A modular system interface for WebAssembly that provides a sandboxed, capability-based set of APIs for securely accessing operating system features. WASI and eBPF represent different approaches to safe, portable extension points.

• Capability-Based Security: WASI programs must be explicitly granted 'capabilities' (e.g., access to a specific directory).
• Comparison to eBPF: eBPF is deeply integrated into the Linux kernel for performance-critical observability and networking.
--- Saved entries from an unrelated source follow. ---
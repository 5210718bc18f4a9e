-- ===== src/Dsse/Canonical/Renders.antt =====
-- crates/aep-core/src/dsse.rs: the canonical form is JSON: the grammar of the texts of a value, and
-- that `canonical_json` writes one.
use wasmagent_proxy.Base.{
  ◌≡◌, ◌↔◌, sym, subst, ◌∙◌, List, [], ◌∷◌, ◌++◌, Text, codes, In, All, length, map, append-nil,
}
use wasmagent_proxy.Json.{
  Value, null, boolean, number, string, array, object, Items, nil, cons, end, field, Map, Crates,
}
use wasmagent_proxy.Json.Members.{Entry, entries}
use wasmagent_proxy.Dsse.Canonical.{join, canonical_json_value, canonical_items}
use wasmagent_proxy.Dsse.Canonical.Entries.{In-sort_entries, All-sort_entries, length-sort_entries}
use wasmagent_proxy.Dsse.Canonical.Texts.{IsScalar, listed, can, pair_text, sorted, object_text}

-- The entries of the map, each once, in any order.
pub record Listing (es : List Entry) (m : Map) : Type 0 where
  pub same : (e : Entry) → In e es ↔ In e (entries m)
  pub size : length es ≡ length (entries m)

module _ (x : Crates) where
  -- The JSON texts of a value without whitespace: a scalar is what serde_json prints, and an object
  -- has its members in any order.
  mutual
    pub data Renders : Value → Text → Type 0 where
      scalar : (v : Value) → IsScalar v → Renders v (x.to_string v)
      array_of :
          (xs : Items) (ts : List Text)
          → EachRenders (listed xs) ts
          → Renders (array xs) (codes "[" ++ (join ts ++ codes "]"))
      object_of :
          (m : Map) (es : List Entry) (ts : List Text)
          → Listing es m
          → MembersRender es ts
          → Renders (object m) (codes "{" ++ (join ts ++ codes "}"))

    pub data EachRenders : List Value → List Text → Type 0 where
      no_items : EachRenders [] []
      item :
          (v : Value) (t : Text) (vs : List Value) (ts : List Text)
          → Renders v t
          → EachRenders vs ts
          → EachRenders (v ∷ vs) (t ∷ ts)

    pub data MembersRender : List Entry → List Text → Type 0 where
      no_members : MembersRender [] []
      member :
          (k : Text) (v : Value) (t : Text) (es : List Entry) (ts : List Text)
          → Renders v t
          → MembersRender es ts
          → MembersRender ((k, v) ∷ es) ((x.to_string (string k) ++ (codes ":" ++ t)) ∷ ts)

  abbrev IsRendered : Entry → Type 0
  IsRendered e = Renders e.1 (can x e.1)

  members-Render : (es : List Entry) → All IsRendered es → MembersRender es (map (pair_text x) es)
  members-Render [] h = no_members
  members-Render ((k, v) ∷ es) (h, hs) = member k v (can x v) es _ h (members-Render es hs)

  pub sorted-Listing : (m : Map) → Listing (sorted x m) m
  sorted-Listing m = record {
    same = λ e. In-sort_entries e (entries m);
    size = length-sort_entries (entries m);
  }

  mutual
    unfolding canonical_json_value

    value-Renders : (v : Value) → Renders v (can x v)
    value-Renders null = scalar null tt
    value-Renders (boolean b) = scalar (boolean b) tt
    value-Renders (number n) = scalar (number n) tt
    value-Renders (string s) = scalar (string s) tt
    value-Renders (array xs) = array_of xs (canonical_items x xs) (items-Render xs)
    value-Renders (object m) =
        subst (Renders (object m)) (sym (object_text x m []) ∙ append-nil (can x (object m))) (
          object_of m (sorted x m) _ (sorted-Listing m) (
            members-Render (sorted x m)
              (All-sort_entries IsRendered (entries m) (fields-Render m))))

    items-Render : (xs : Items) → EachRenders (listed xs) (canonical_items x xs)
    items-Render nil = no_items
    items-Render (cons v xs) = item v _ _ _ (value-Renders v) (items-Render xs)

    fields-Render : (m : Map) → All IsRendered (entries m)
    fields-Render end = tt
    fields-Render (field k v m) = (value-Renders v, fields-Render m)

  -- The canonical JSON of a value is a JSON text of that value without whitespace: each scalar is as
  -- serde_json prints it, each array has its items in their order, and each object has each of its
  -- members once.
  pub canonical_json-Renders : (v : Value) → Renders v (can x v)
  canonical_json-Renders v = value-Renders v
WASI is designed as a portable, user-space runtime for broader application sandboxing, potentially including AI agent tool execution.
• Emerging Overlap: Projects like wasm-bpf explore using WASI to load and manage eBPF programs, combining portability with kernel-level capabilities.

A framework in the Linux kernel that allows security models like SELinux, AppArmor, and Smack to be implemented as loadable kernel modules to enforce mandatory access control (MAC) policies. eBPF has expanded this model.

• Traditional LSM: Uses hooks for coarse-grained policy decisions (e.g., 'can process X read file Y?').
• eBPF LSM Integration: The BPF_PROG_TYPE_LSM program type allows attaching eBPF programs to LSM hooks, enabling dynamic, programmable security policies without rebooting the kernel.
• Use Case: An eBPF LSM program can implement custom rules for auditing file accesses from AI agent processes or blocking specific network connections in real-time based on a centralized policy.